The Use of a Bayesian Neural Network Model
for Classification Tasks

Anders Holst


Dissertation, September 1997

Studies of Artificial Neural Systems
Dept. of Numerical Analysis and Computing Science
Royal Institute of Technology, S-100 44 Stockholm, Sweden


The thesis on postscript format (compressed): thesis.ps.gz
The thesis on portable document format: thesis.pdf


Abstract

This thesis deals with a Bayesian neural network model. The focus is on how to use the model for automatic classification, i.e. on how to train the neural network to classify objects from some domain, given a database of labeled examples from the domain. The original Bayesian neural network is a one-layer network implementing a naive Bayesian classifier. It is based on the assumption that different attributes of the objects appear independently of each other. This work has been aimed at extending the original Bayesian neural network model, mainly focusing on three different aspects.

First the model is extended to a multi-layer network, to relax the independence requirement. This is done by introducing a hidden layer of complex columns, groups of units which take input from the same set of input attributes. Two different types of complex column structures in the hidden layer are studied and compared. An information theoretic measure is used to decide which input attributes to consider together in complex columns. Also used are ideas from Bayesian statistics, as a means to estimate the probabilities from data which are required to set up the weights and biases in the neural network.

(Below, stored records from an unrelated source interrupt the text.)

-- ===== src/Boot.antt =====
-- loader/src/ipc/plan.h and loader/src/module/plan.cpp: the boot plan that the injector hands to the
-- loader.
pub mod Plan
pub mod Tests
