-- ===== src/Boot/Plan.antt =====
-- loader/src/module/plan.cpp and ipc/plan.h: `parsePlan`. The bytes behind `raw` are a list; a read
-- past them is `none`, a fault. Words are little-endian, as on every processor that Android runs on.
pub mod Reads
pub mod Encode
pub mod Fields
pub mod Entries
pub mod Layout
pub mod RoundTrip
use zygisk_next_next.Base.{
  ℕ, zero, suc, ◌+◌, ◌-◌, ◌*◌, ◌%◌, ◌^◌, Bool, true, false, not, ◌||◌, ◌&&◌, List, [], ◌∷◌, ◌++◌,
  Bytes, length, get_elem?, take, drop, ltb, leb, ◌==◌, if◌then◌else◌, Option, none, some,
}

abbrev pub plan_magic : ℕ
plan_magic = 0x5A4E4E31

abbrev pub plan_version : ℕ
plan_version = 3

abbrev pub plan_max_modules : ℕ
plan_max_modules = 32

abbrev pub plan_max_bytes : ℕ
plan_max_bytes = 32 * 1024

-- `sizeof(Plan)` and `sizeof(PlanModule)` of ipc/plan.h
abbrev pub min_plan_bytes : ℕ
min_plan_bytes = 60

abbrev pub plan_module_size : ℕ
plan_module_size = 20

-- `ipc::PlanString`
pub record StringRef : Type 0 where
  pub offset : ℕ
  pub size : ℕ

-- `ipc::PlanModule`, a record of the raw plan; `fd` is the bit pattern of the `int32_t`.
pub record RawModule : Type 0 where
  pub fd : ℕ
  pub flags : ℕ
  pub index : ℕ
  pub path : StringRef

-- `ipc::Plan`, the header.
pub record Header : Type 0 where
  pub magic : ℕ
  pub version : ℕ
  pub size : ℕ
  pub module_count : ℕ
  pub nonce : ℕ
  pub token : Bytes
  pub inline_engine : StringRef
  pub plt_engine : StringRef
  pub debugdata : StringRef

-- `module::PlanModule`; `fd` is not negative in a plan that is accepted.
pub record PlanModule : Type 0 where
  pub fd : ℕ
  pub companion : Bool
  pub index : ℕ
  pub path : Bytes

-- `module::Plan`
pub record Plan : Type 0 where
  pub modules : List PlanModule
  pub inline_engine : Bytes
  pub plt_engine : Bytes
  pub debugdata : Bytes
  pub nonce : ℕ
  pub token : Bytes

-- How a call of the parser ends: by a read past the readable bytes, with false, or with true.
pub data Outcome {ℓ} (A : Type ℓ) : Type ℓ where
  fault : Outcome A
  rejected : Outcome A
  accepted : A → Outcome A

infixl 5 ◌>>=◌ ◌>>◌
abbrev pub ◌>>=◌ {ℓ κ} : {A : Type ℓ} {B : Type κ} → Outcome A → (A → Outcome B) → Outcome B
fault >>= f = fault
rejected >>= f = rejected
accepted a >>= f = f a

abbrev pub ◌>>◌ {ℓ} : {B : Type ℓ} → Outcome (Unit {0}) → Outcome B → Outcome B
m >> k = m >>= λ _. k

-- `if (bad) return false;`
abbrev pub reject_if : Bool → Outcome (Unit {0})
reject_if true = rejected
reject_if false = accepted tt

-- A 32-bit field of a raw structure, and the bytes behind it.
unfoldable pub u32 : Bytes → Outcome (ℕ × Bytes)
u32 (a ∷ b ∷ c ∷ d ∷ rest) = accepted (a + 0x100 * b + 0x10000 * c + 0x1000000 * d, rest)
u32 _ = fault

-- The field `token`.
unfoldable pub token_field : Bytes → Outcome (Bytes × Bytes)
token_field r = if ltb (length r) 16 then fault else accepted (take 16 r, drop 16 r)

unfoldable pub ref_field : Bytes → Outcome (StringRef × Bytes)
ref_field r = do
  (offset, r) ← u32 r
  (size, r) ← u32 r
  accepted (record { offset = offset; size = size }, r)

-- `memcpy(&header, raw, sizeof(header))`
unfoldable pub read_header : Bytes → Outcome Header
read_header r = do
  (magic, r) ← u32 r
  (version, r) ← u32 r
  (size, r) ← u32 r
  (module_count, r) ← u32 r
  (nonce, r) ← u32 r
  (token, r) ← token_field r
  (inline_engine, r) ← ref_field r
  (plt_engine, r) ← ref_field r
  (debugdata, r) ← ref_field r
  accepted (record {
    magic = magic;
    version = version;
    size = size;
    module_count = module_count;
    nonce = nonce;
    token = token;
    inline_engine = inline_engine;
    plt_engine = plt_engine;
    debugdata = debugdata;
  })

-- `mods[i]`, and the entries behind it.
unfoldable pub read_module : Bytes → Outcome (RawModule × Bytes)
read_module r = do
  (fd, r) ← u32 r
  (flags, r) ← u32 r
  (index, r) ← u32 r
  (path, r) ← ref_field r
  accepted (record { fd = fd; flags = flags; index = index; path = path }, r)

-- `blob[end]`
unfoldable pub byte_at : Bytes → ℕ → Outcome ℕ
byte_at blob i = elim (get_elem? blob i) [ none ↦ fault | some c ↦ accepted c ]

-- `blobString` behind its test for no length; the string that `out` is given.
unfoldable pub bounded_string : Bytes → ℕ → StringRef → Outcome Bytes
bounded_string blob blob_size ref = do
  reject_if (ltb blob_size ref.offset || ltb (blob_size - ref.offset) ref.size)
  reject_if (leb blob_size (ref.offset + ref.size))
  c ← byte_at blob (ref.offset + ref.size)
  reject_if (not (c == 0))
  accepted (take ref.size (drop ref.offset blob))

-- `blobString`
unfoldable pub blob_string : Bytes → ℕ → StringRef → Outcome Bytes
blob_string blob blob_size ref =
    if ref.size == 0 then accepted [] else bounded_string blob blob_size ref

-- The body of the loop over the modules.
unfoldable pub accept_module : Bytes → ℕ → RawModule → Outcome PlanModule
accept_module blob blob_size raw = do
  reject_if (leb (2 ^ 31) raw.fd)
  reject_if (leb plan_max_modules raw.index)
  path ← blob_string blob blob_size raw.path
  accepted
      (record { fd = raw.fd; companion = not (raw.flags % 2 == 0); index = raw.index; path = path })

-- The loop over the modules, with `n` left, at the entry `r`.
unfoldable pub parse_modules : (n : ℕ) → Bytes → Bytes → ℕ → Outcome (List PlanModule)
parse_modules zero r blob blob_size = accepted []
parse_modules (suc n) r blob blob_size = do
  (raw, r) ← read_module r
  m ← accept_module blob blob_size raw
  ms ← parse_modules n r blob blob_size
  accepted (m ∷ ms)

-- The checks of the header.
unfoldable pub check_header : Header → Outcome (Unit {0})
check_header h = do
  reject_if (not (h.magic == plan_magic))
  reject_if (not (h.version == plan_version))
  reject_if (ltb h.size min_plan_bytes || ltb plan_max_bytes h.size)
  reject_if (ltb plan_max_modules h.module_count)
  reject_if (ltb h.size (min_plan_bytes + h.module_count * plan_module_size))

-- What `parsePlan` does with a header that it accepts.
unfoldable pub parse_body : Bytes → Header → Outcome Plan
parse_body raw h = do
  let records = h.module_count * plan_module_size
  let blob = drop (min_plan_bytes + records) raw
  let blob_size = h.size - min_plan_bytes - records
  inline_engine ← blob_string blob blob_size h.inline_engine
  plt_engine ← blob_string blob blob_size h.plt_engine
  debugdata ← blob_string blob blob_size h.debugdata
  modules ← parse_modules h.module_count (drop min_plan_bytes raw) blob blob_size
  accepted (record {
    modules = modules;
    inline_engine = inline_engine;
    plt_engine = plt_engine;
    debugdata = debugdata;
    nonce = h.nonce;
    token = h.token;
  })

-- `parsePlan`; no bytes are a null pointer.
unfoldable pub parse_plan : Option Bytes → Outcome Plan
parse_plan none = rejected
parse_plan (some raw) = do h ← read_header raw; check_header h; parse_body raw h
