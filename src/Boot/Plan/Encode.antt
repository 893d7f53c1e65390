-- ===== src/Boot/Plan/Encode.antt =====
-- injector/src/plan.rs: the encoder that builds the boot plan which the loader parses.
use zygisk_next_next.Base.{
  ℕ, ◌+◌, ◌*◌, ◌/◌, ◌%◌, ◌^◌, Bool, false, ◌||◌, List, [], ◌∷◌, ◌++◌, Bytes, length, ltb, leb,
  if◌then◌else◌, Option, none, some,
}
use zygisk_next_next.Boot.Plan.{
  plan_magic, plan_version, plan_max_modules, plan_max_bytes, min_plan_bytes, plan_module_size,
  StringRef, PlanModule, Plan,
}

-- `push_u32`, as the bytes that it appends.
unfoldable pub u32_bytes : ℕ → Bytes
u32_bytes v =
    (v % 0x100) ∷ (v / 0x100 % 0x100) ∷ (v / 0x10000 % 0x100) ∷ (v / 0x1000000 % 0x100) ∷ []

-- `push_string`: the reference and the blob with the string and its NUL.
unfoldable pub push_string : Bytes → Bytes → StringRef × Bytes
push_string blob value = (
  record { offset = length blob % 2 ^ 32; size = length value % 2 ^ 32 },
  blob ++ (value ++ 0 ∷ []),
)

unfoldable pub ref_bytes : StringRef → Bytes
ref_bytes r = u32_bytes r.offset ++ u32_bytes r.size

-- The closure over the modules that pushes each path.
unfoldable pub push_paths : Bytes → List PlanModule → List StringRef × Bytes
push_paths blob [] = ([], blob)
push_paths blob (m ∷ ms) =
    let (r, blob') = push_string blob m.path in
    let (rs, blob'') = push_paths blob' ms in (r ∷ rs, blob'')

unfoldable pub module_bytes : PlanModule → StringRef → Bytes
module_bytes m path =
    u32_bytes m.fd
    ++ (u32_bytes (if m.companion then 1 else 0) ++ (u32_bytes m.index ++ ref_bytes path))

-- The loop over the modules zipped with their paths.
unfoldable pub entry_bytes : List PlanModule → List StringRef → Bytes
entry_bytes [] rs = []
entry_bytes (m ∷ ms) [] = []
entry_bytes (m ∷ ms) (r ∷ rs) = module_bytes m r ++ entry_bytes ms rs

unfoldable pub any_bad_index : List PlanModule → Bool
any_bad_index [] = false
any_bad_index (m ∷ ms) = leb plan_max_modules m.index || any_bad_index ms

unfoldable pub header_bytes : Plan → (size : ℕ) → StringRef → StringRef → StringRef → Bytes
header_bytes p size inline plt debug =
    u32_bytes plan_magic
    ++ (u32_bytes plan_version
        ++ (u32_bytes size
            ++ (u32_bytes (length p.modules)
                ++ (u32_bytes p.nonce
                    ++ (p.token ++ (ref_bytes inline ++ (ref_bytes plt ++ ref_bytes debug)))))))

-- `Plan::encode`
unfoldable pub encode : Plan → Option Bytes
encode p =
    let (inline, b1) = push_string [] p.inline_engine in
    let (plt, b2) = push_string b1 p.plt_engine in
    let (debug, b3) = push_string b2 p.debugdata in
    let (paths, blob) = push_paths b3 p.modules in
    let size = min_plan_bytes + plan_module_size * length p.modules + length blob in
    if ltb plan_max_modules (length p.modules)
    then none
    else if any_bad_index p.modules
    then none
    else if ltb plan_max_bytes size
    then none
    else some (header_bytes p size inline plt debug ++ (entry_bytes p.modules paths ++ blob))
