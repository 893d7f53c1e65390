-- ===== src/Boot/Plan/Fields.antt =====
-- loader/src/module/plan.cpp and injector/src/plan.rs: each field is read back as it is written.
use zygisk_next_next.Base.{
  ℕ, zero, suc, ◌+◌, ◌-◌, ◌^◌, ◌<◌, ◌≡◌, refl, ap, sym, false, ◌||◌, [], ◌∷◌, ◌++◌, append_assoc,
  Bytes, length, length-append, get_elem?, take, drop, ltb, leb, ◌==◌, some, arith,
}
use zygisk_next_next.Boot.Plan.{
  StringRef, accepted, u32, token_field, ref_field, byte_at, bounded_string, blob_string,
}
use zygisk_next_next.Boot.Plan.Encode.{u32_bytes, ref_bytes}

pub u32-u32_bytes :
    (v : ℕ) (rest : Bytes) → v < 2 ^ 32 → u32 (u32_bytes v ++ rest) ≡ accepted (v, rest)
unfolding u32 u32_bytes
u32-u32_bytes v rest h = ap (λ (n : ℕ). accepted (n, rest)) (omega arith)

pub length-u32_bytes : (v : ℕ) → length (u32_bytes v) ≡ 4
unfolding u32_bytes
length-u32_bytes v = refl

pub record Fits (r : StringRef) : Type 0 where
  pub offset_fits : r.offset < 2 ^ 32
  pub size_fits : r.size < 2 ^ 32

pub ref_field-ref_bytes :
    (r : StringRef) (rest : Bytes) → Fits r → ref_field (ref_bytes r ++ rest) ≡ accepted (r, rest)
unfolding ref_field ref_bytes
ref_field-ref_bytes r rest h =
    rw (append_assoc, u32-u32_bytes r.offset _ h.offset_fits, u32-u32_bytes r.size _ h.size_fits)

pub length-ref_bytes : (r : StringRef) → length (ref_bytes r) ≡ 8
unfolding ref_bytes
length-ref_bytes r = omega (
  arith,
  length-append (u32_bytes r.offset) (u32_bytes r.size),
  length-u32_bytes r.offset,
  length-u32_bytes r.size,
)

pub drop-append : (s t : Bytes) (n : ℕ) → n ≡ length s → drop n (s ++ t) ≡ t
drop-append [] t zero e = refl
drop-append [] t (suc n) e = absurd (omega arith)
drop-append (c ∷ s) t zero e = absurd (omega arith)
drop-append (c ∷ s) t (suc n) e = drop-append s t n (omega arith)

pub take-append : (s t : Bytes) (n : ℕ) → n ≡ length s → take n (s ++ t) ≡ s
take-append [] t zero e = refl
take-append [] t (suc n) e = absurd (omega arith)
take-append (c ∷ s) t zero e = absurd (omega arith)
take-append (c ∷ s) t (suc n) e = ap (λ r. c ∷ r) (take-append s t n (omega arith))

get_elem?-append : (s t : Bytes) (c n : ℕ) → n ≡ length s → get_elem? (s ++ c ∷ t) n ≡ some c
get_elem?-append [] t c zero e = refl
get_elem?-append [] t c (suc n) e = absurd (omega arith)
get_elem?-append (d ∷ s) t c zero e = absurd (omega arith)
get_elem?-append (d ∷ s) t c (suc n) e = get_elem?-append s t c n (omega arith)

pub byte_at-append : (s t : Bytes) (c n : ℕ) → n ≡ length s → byte_at (s ++ c ∷ t) n ≡ accepted c
unfolding byte_at
byte_at-append s t c n e = rw (get_elem?-append s t c n e, byte_at)

pub token_field-token :
    (t rest : Bytes) → length t ≡ 16 → token_field (t ++ rest) ≡ accepted (t, rest)
unfolding token_field
token_field-token t rest h =
    let enough : ltb (length (t ++ rest)) 16 ≡ false = ground (arith, length-append t rest) in
    rw (enough, take-append t rest 16 (sym h), drop-append t rest 16 (sym h))

-- A string with its NUL is read back from wherever it stands in the blob.
pub blob_string-at :
    (before value after : Bytes) (blob_size : ℕ)
    → length before + length value < blob_size
    → blob_string
        (before ++ (value ++ 0 ∷ after))
        blob_size
        (record { offset = length before; size = length value })
      ≡ accepted value
unfolding blob_string bounded_string
blob_string-at before [] after blob_size room = refl
blob_string-at before (c ∷ cs) after blob_size room =
    let value : Bytes = c ∷ cs in
    let a : (ltb blob_size (length before) || ltb (blob_size - length before) (length value))
        ≡ false =
      ground arith in
    let b : leb blob_size (length before + length value) ≡ false = ground arith in
    let nul : byte_at (before ++ (value ++ 0 ∷ after)) (length before + length value) ≡ accepted 0 =
      rw (← append_assoc) (
        byte_at-append (before ++ value) after 0 (length before + length value)
          (sym (length-append before value))) in
    let some_bytes : (length value == 0) ≡ false = ground arith in
    rw (
      some_bytes,
      a,
      b,
      nul,
      drop-append before (value ++ 0 ∷ after) (length before) refl,
      take-append value (0 ∷ after) (length value) refl,
    )

pub length-drop : (n : ℕ) (s : Bytes) → length (drop n s) ≡ length s - n
length-drop zero s = omega arith
length-drop (suc n) [] = omega arith
length-drop (suc n) (c ∷ s) = omega (arith, length-drop n s)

The use of uncertain evidence and continuous valued attributes in the Bayesian neural network are also treated. Both things require the network to handle graded inputs, i.e. probability distributions over some discrete attributes given as input. Continuous valued attributes can then be handled by using mixture models. In effect, each mixture model converts a set of continuous valued inputs to a discrete number of probabilities for the component densities in the mixture model.

Finally a query-reply system based on the Bayesian neural network is described. It constitutes a kind of expert system shell on top of the network. Rather than requiring all attributes to be given at once, the system can ask for the attributes relevant for the classification. Information theory is used to select the attributes to ask for. The system also offers an explanatory mechanism, which can give simple explanations of the state of the network, in terms of which inputs mean the most for the outputs.

These extensions to the Bayesian neural network model are evaluated on a set of different databases, both realistic and synthetic, and the classification results are compared to those of various other classification methods on the same databases. The conclusion is that the Bayesian neural network model compares favorably to other methods for classification.

In this work much inspiration has been taken from various branches of machine learning. The goal has been to combine the different ideas into one consistent and useful neural network model. A main theme throughout is to utilize independencies between attributes, to decrease the number of free parameters, and thus to increase the generalization capability of the method. Significant contributions are the method used to combine the outputs from mixture models over different subspaces of the domain, and the use of Bayesian estimation of parameters in the expectation maximization method during training of the mixture models.

Keywords: Artificial neural network, Bayesian neural network, Machine learning, Classification task, Dependency structure, Mixture model, Query-reply system, Explanatory mechanism.